SURABAYA – Kalau kita ngomong masalah kuliner Bakso kita ingat Bakso Osin. Mulanya, Osin, sang pendiri Bakso Cak Edy berjualan tahun 1996. Kala itu masih berupa rombong yang dijajakan keliling, dari gang ke gang, kampung ke kampung. Baru di tahun 2003, berjualan di rumah yang difungsikan sekaligus sebagai dapur hingga kini.
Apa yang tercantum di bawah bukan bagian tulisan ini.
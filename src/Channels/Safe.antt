-- ===== src/Channels/Safe.antt =====
-- utils/channel.go: a turn of an open channel's loop does not panic.
use wstester.Prelude.{
  ℕ, ◌≡◌, refl, Bool, true, false, Option, none, some, List, [], ◌∷◌, arith, ◌==◌, lookup, put,
  erase, nat_eq, Bool-cases, Option-cases, inl, inr,
}
use wstester.Channels.{
  Dest, Child, ChannelInput, nil_input, response, add_destination, remove_destination, add_child,
  remove_child, RspChannel, Fed, fed, stuck, crashed, handle, new_dest, accepts,
  dispatch_destinations, feed_children, armed, dispatch_sub_channels,
}
use wstester.Channels.Dispatch.{all_open, survivors, separated, feed_all-survivors}

-- The code does not panic, and what it leaves, if it does not wait for ever, satisfies `P`.
abbrev pub Safe {ℓ} : {S : Type ℓ} → Fed S → (S → Type 0) → Type 0
Safe (fed s) P = P s
Safe stuck P = Unit {0}
Safe crashed P = ⊥

abbrev pub has_source {ℓ} : {A : Type ℓ} → RspChannel A → Bool
has_source c = elim c.source [ none ↦ false | some inputs ↦ true ]

module _ {ℓ} {A : Type ℓ} where
  all_open-put :
      (session : ℕ) (dest : Dest A) (dests : List (ℕ × Option (Dest A)))
      → dest.closed ≡ false
      → all_open dests ≡ true
      → all_open (put session (some dest) dests) ≡ true
  all_open-put session dest [] e h = ground arith
  all_open-put session dest ((s, none) ∷ dests) e h = ground arith
  all_open-put session dest ((s, some d) ∷ dests) e h =
      ground (arith, all_open-put session dest dests e)

  all_open-erase :
      (session : ℕ) (dests : List (ℕ × Option (Dest A)))
      → all_open dests ≡ true
      → all_open (erase session dests) ≡ true
  all_open-erase session [] h = refl
  all_open-erase session ((s, none) ∷ dests) h = ground arith
  all_open-erase session ((s, some d) ∷ dests) h = ground (arith, all_open-erase session dests)

  all_open-lookup :
      (session : ℕ) (dests : List (ℕ × Option (Dest A))) (o : Option (Dest A))
      → all_open dests ≡ true
      → lookup session dests ≡ some o
      → (d : Dest A) × (o ≡ some d) × (d.closed ≡ false)
  all_open-lookup session [] o h e = ground arith
  all_open-lookup session ((s, none) ∷ dests) o h e = ground arith
  all_open-lookup session ((s, some d) ∷ dests) o h e = elim (Bool-cases (session == s)) [
    | inl same ↦ (d, ground arith, ground arith)
    | inr other ↦ all_open-lookup session dests o (ground arith) (ground arith)
  ]

  survivors-all_open :
      (reads : ℕ → Bool) (dests : List (ℕ × Option (Dest A))) (rsp : A)
      → all_open dests ≡ true
      → all_open (survivors reads dests rsp) ≡ true
  survivors-all_open reads [] rsp h = refl
  survivors-all_open reads ((s, none) ∷ dests) rsp h = ground arith
  survivors-all_open reads ((s, some d) ∷ dests) rsp h =
      ground (arith, survivors-all_open reads dests rsp)

  dispatch-Safe :
      (reads : ℕ → Bool) (dests : List (ℕ × Option (Dest A))) (dst : Option ℕ) (rsp : A)
      → all_open dests ≡ true
      → Safe (dispatch_destinations reads dests dst rsp) (λ dests'. all_open dests' ≡ true)
  unfolding dispatch_destinations
  dispatch-Safe reads dests none rsp h = elim (Bool-cases (separated reads false dests)) [
    | inl e ↦
        rw (feed_all-survivors reads dests rsp armed h, e) (survivors-all_open reads dests rsp h)
    | inr e ↦ rw (feed_all-survivors reads dests rsp armed h, e) tt
  ]
  dispatch-Safe reads dests (some session) rsp h = elim (Option-cases (lookup session dests)) [
    | inl missing ↦ rw (missing, dispatch_destinations) h
    | inr (o, found) ↦
        let (d, present, is_open) = all_open-lookup session dests o h found in
        elim (Bool-cases (accepts reads session d)) [
          | inl fast ↦
              rw (found, present, is_open, fast, dispatch_destinations)
                (all_open-put session _ dests refl h)
          | inr slow ↦
              rw (found, present, is_open, slow, dispatch_destinations)
                (all_open-erase session dests h)
        ]
  ]

  cons-Safe :
      (m : Fed (List (ℕ × Child A))) (entry : ℕ × Child A)
      → Safe m (λ _. Unit {0})
      → Safe
          (elim m [ stuck ↦ stuck | crashed ↦ crashed | fed rest ↦ fed (entry ∷ rest) ])
          (λ _. Unit {0})
  cons-Safe (fed rest) entry h = tt
  cons-Safe stuck entry h = tt
  cons-Safe crashed entry h = h

  children-Safe :
      (children : List (ℕ × Child A)) (rsp : A) → Safe (feed_children children rsp) (λ _. Unit {0})
  unfolding feed_children
  children-Safe [] rsp = tt
  children-Safe ((s, child) ∷ children) rsp = elim (Bool-cases child.is_closed) [
    | inl shut ↦ rw (shut, feed_children) (children-Safe children rsp)
    | inr live ↦ elim (Option-cases child.source) [
      | inl e ↦ rw (live, e, feed_children) tt
      | inr (inputs, e) ↦
          rw (live, e, feed_children)
            (cons-Safe (feed_children children rsp) _ (children-Safe children rsp))
    ]
  ]

  sub-Safe :
      (children : List (ℕ × Child A)) (sub : Option ℕ) (rsp : A)
      → Safe (dispatch_sub_channels children sub rsp) (λ _. Unit {0})
  unfolding dispatch_sub_channels
  sub-Safe children none rsp = children-Safe children rsp
  sub-Safe children (some session) rsp = elim (Option-cases (lookup session children)) [
    | inl missing ↦ rw (missing, dispatch_sub_channels) tt
    | inr (child, found) ↦ elim (Bool-cases child.is_closed) [
      | inl shut ↦ rw (found, shut, dispatch_sub_channels) tt
      | inr live ↦ elim (Option-cases child.source) [
        | inl e ↦ rw (found, live, e, dispatch_sub_channels) tt
        | inr (inputs, e) ↦ rw (found, live, e, dispatch_sub_channels) tt
      ]
    ]
  ]

  -- A turn of the loop leaves open destinations, and the rest of the channel's state.
  pub record IsTurned (c c' : RspChannel A) : Type 0 where
    pub opened : all_open c'.destinations ≡ true
    pub sourced : has_source c' ≡ has_source c
    pub ready : c'.is_ready ≡ c.is_ready
    pub source_open : c'.source_closed ≡ c.source_closed
    pub closed : c'.is_closed ≡ c.is_closed

  turned :
      (c : RspChannel A) {dests : List (ℕ × Option (Dest A))} {children : List (ℕ × Child A)}
      → all_open dests ≡ true
      → IsTurned c (record c { destinations = dests; children = children })
  turned c h = record {
    opened = h;
    sourced = refl;
    ready = refl;
    source_open = refl;
    closed = refl;
  }

  dispatched :
      (c : RspChannel A) (m : Fed (List (ℕ × Option (Dest A)))) (n : Fed (List (ℕ × Child A)))
      → Safe m (λ dests. all_open dests ≡ true)
      → Safe n (λ _. Unit {0})
      → Safe {S = RspChannel A × Option Bool}
          (elim m [
            | stuck ↦ stuck
            | crashed ↦ crashed
            | fed dests ↦ elim n [
              | stuck ↦ stuck
              | crashed ↦ crashed
              | fed children ↦ fed ((record c { destinations = dests; children = children }), none)
            ]
          ])
          (λ r. IsTurned c r.0)
  dispatched c (fed dests) (fed children) h k = turned c h
  dispatched c (fed dests) stuck h k = tt
  dispatched c (fed dests) crashed h k = k
  dispatched c stuck n h k = tt
  dispatched c crashed n h k = h

  -- A turn of the loop on any input, where every destination is there and open, does not panic, and
  -- where it ends every destination is still open, and the channel's state and that it has a source are as before.
  pub handle-Safe :
      (reads : ℕ → Bool) (c : RspChannel A) (input : ChannelInput A)
      → all_open c.destinations ≡ true
      → Safe (handle reads c input) (λ r. IsTurned c r.0)
  unfolding handle
  handle-Safe reads c nil_input h = turned c h
  handle-Safe reads c (response dst sub rsp) h =
      dispatched c (dispatch_destinations reads c.destinations dst rsp)
        (dispatch_sub_channels c.children sub rsp) (dispatch-Safe reads c.destinations dst rsp h)
        (sub-Safe c.children sub rsp)
  handle-Safe reads c (add_destination session) h =
      turned c (all_open-put session new_dest c.destinations refl h)
  handle-Safe reads c (remove_destination session) h =
      elim (Option-cases (lookup session c.destinations)) [
        | inl missing ↦ rw (missing, handle) (turned c h)
        | inr (o, found) ↦
            let (d, present, is_open) = all_open-lookup session c.destinations o h found in
            rw (found, present, is_open, handle)
              (turned c (all_open-erase session c.destinations h))
      ]
  handle-Safe reads c (add_child session child) h = turned c h
  handle-Safe reads c (remove_child session) h = elim (Option-cases (lookup session c.children)) [
    | inl missing ↦ rw (missing, handle) (turned c h)
    | inr (child, found) ↦ rw (found, handle) (turned c h)
  ]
Bertempat tepatnya di Jalan Simo Gunung Barat Tol, gang 2 nomer 71.
Setiap hari tak kurang dari 200 mangkok ludes diborong pembeli. Bahkan, di hari-hari libur pengunjung malah meluber. Tak kenal kata tutup, Bakso Cak Edy buka tiap hari meskipun saat lebaran. “Kita ini tutup kalau pas pingin libur aja”, demikian Cak Edy si empunya bakso menjelaskan. Bicara soal harga, rupiah yang harus dikocek pun tak besar. Harga per porsinya Rp. 20.000 untuk bakso kikil, berisi satu bakso berukuran cukup jumbo dan kikil yang enak empuk tumpah ruah. Sedangkan untuk bakso biasa dibanderol Rp. 10.000 dengan isian bakso, goreng, siomay, dan tahu. Dinikmati bersama segelas es jeruk, bikin makan bakso jadi kian lezat khidmat.
Bisa bertahan dari 1996 hingga sekarang, resep rahasianya ada di tangan pengunjung. Kalo pelanggan meminta apa, segera dipenuhi. “Sebisa mungkin kita tidak menolak pelanggan, pelanggan pingin beli kikilnya aja tidak apa-apa. Mau beli sama baksonya juga boleh. Beli 10ribu juga kita layani”, jelas Cak Edy. Agar mutu tetap terjaga, cak Edy turun tangan langsung mulai dari belanja bahan hingga jadi kasir. Bila datang ke Bakso Cak Edy, jangan lupa untuk bertegur sapa dengan sang juragan yang stand by di meja kasir.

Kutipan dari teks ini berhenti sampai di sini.